Laut der Deka ist die Trennung von Management & Administration nicht mehr notwendig.
FRANKFURT - Die Deka-Bank hat ihre Master-KAG-Einheit, Deka Fund Master, mit dem Fondsmanager Deka Investment fusioniert.
Wie die Deka-Bank in Frankfurt mitteilte, hat die Trennung von Fondsmanagement und Administration im Laufe der vergangenen Jahre an Bedeutung verloren. Nun wird das Management der Publikums- und Spezialfonds sowie die Betreuung der Master-KAG-Mandate rechtlich unter der Deka Investment vereint.
Deka Fund Master wurde 2004 gegründet, um auch außerhalb des Sparkassen-Sektors Master-KAG-Mandate zu gewinnen.

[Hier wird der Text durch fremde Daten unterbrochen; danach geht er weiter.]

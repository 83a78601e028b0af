-- ===== src/Redis/Memory.antt =====
-- A list of keys with their moments of expiry: an instance that shows that the laws can hold.
use text.Mathlib.Text.{◌==◌ as str_eq}
use text.Mathlib.TextEquality.{eq_iff}
use text.Mathlib.TextPositions.{eq_refl}
use attendence_v.Prelude.{
  ℕ, ◌+◌, ◌*◌, ◌≤◌, ◌<◌, ◌≡◌, ◌≢◌, refl, String, Bool, true, false, ◌&&◌, List, [], ◌∷◌, arith, ltb,
  if◌then◌else◌,
}
use attendence_v.Redis.{Redis, second}

-- The newest entry of a key counts.
abbrev pub live : ℕ → String → List (String × ℕ) → Bool
live t k [] = false
live t k ((j, until) ∷ s) = if str_eq j k then ltb t until else live t k s

abbrev pub put : ℕ → String → String → ℕ → Bool → List (String × ℕ) → Bool × List (String × ℕ)
put t k v ttl nx s = if nx && live t k s then (false, s) else (true, (k, t + ttl * second) ∷ s)

module _ (t : ℕ) (k v : String) (ttl : ℕ) where
  pub put_taken : (s : List (String × ℕ)) → live t k s ≡ true → put t k v ttl true s ≡ (false, s)
  put_taken s h = rw h

  pub put_free : (s : List (String × ℕ)) → live t k s ≡ false → (put t k v ttl true s).0 ≡ true
  put_free s h = rw h

  pub put_holds :
      (nx : Bool) (s : List (String × ℕ)) (t' : ℕ)
      → (put t k v ttl nx s).0 ≡ true
      → t ≤ t'
      → t' < t + ttl * second
      → live t' k (put t k v ttl nx s).1 ≡ true
  put_holds nx s t' h a b = ground (arith, eq_refl k)

  pub put_expires :
      (nx : Bool) (s : List (String × ℕ)) (t' : ℕ)
      → (put t k v ttl nx s).0 ≡ true
      → t + ttl * second ≤ t'
      → live t' k (put t k v ttl nx s).1 ≡ false
  put_expires nx s t' h a = ground (arith, eq_refl k)

  pub put_other :
      (nx : Bool) (s : List (String × ℕ)) (t' : ℕ) (j : String)
      → j ≢ k
      → live t' j (put t k v ttl nx s).1 ≡ live t' j s
  put_other nx s t' j h = ground (arith, eq_iff k j)

abbrev pub memory : Redis
memory = record {
  State = List (String × ℕ);
  exists = live;
  set = put;
  set_taken = put_taken;
  set_free = put_free;
  set_always = λ t k v ttl s. refl;
  set_holds = put_holds;
  set_expires = put_expires;
  set_other = put_other;
}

Offenbar ist dies zum Teil gelungen. Nach Angaben eines Sprechers kamen 40 Prozent des Volumens der Deka Fund Master von rund 17 Milliarden Euro von außerhalb des Konzerns, nämlich Unternehmen, Versicherungen und Stiftungen.
Die restlichen 60 Prozent stammen aus dem Sparkassenlager.
Ein Deka-Sprecher fügte hinzu: "Das primäre Ziel der Deka Fund Master war, innerhalb der Sparkassen-Gruppe zu wachsen. Dies ist uns gelungen, wenn man bedenkt, dass wir vor drei Jahren ein Volumen von 10,3 Milliarden Euro hatten."
Universal ist der Marktführer in Deutschland mit einem Master-KAG-Volumen von 93,1 Milliarden Euro, gefolgt von der Inka, einer Tochter von HSBC Trinkaus mit 62,9 Milliarden Euro, gefolgt von der Helaba Trust mit rund 48 Milliarden Euro. Bei einer Master-KAG wird die Administration von Spezialfonds gebündelt. Die Vorteile sind weniger Aufwand und damit niedrige Kosten sowie höhere Transparenz.
Wie die Deka weiter mitteilte, werden im Zuge der Fusion keine Arbeitsplätze abgebaut. Unklar ist allerdings die Zukunft der drei Geschäftsführer von Deka Fund Master, Thomas Ketter, Udo Schmidt-Mohr und Norbert Ziemer. "Da die Fusion erst zur Jahresmitte 2010 erfolgt, ist noch genug Zeit, um diese Frage zu klären", sagte ein Sprecher auf Anfrage.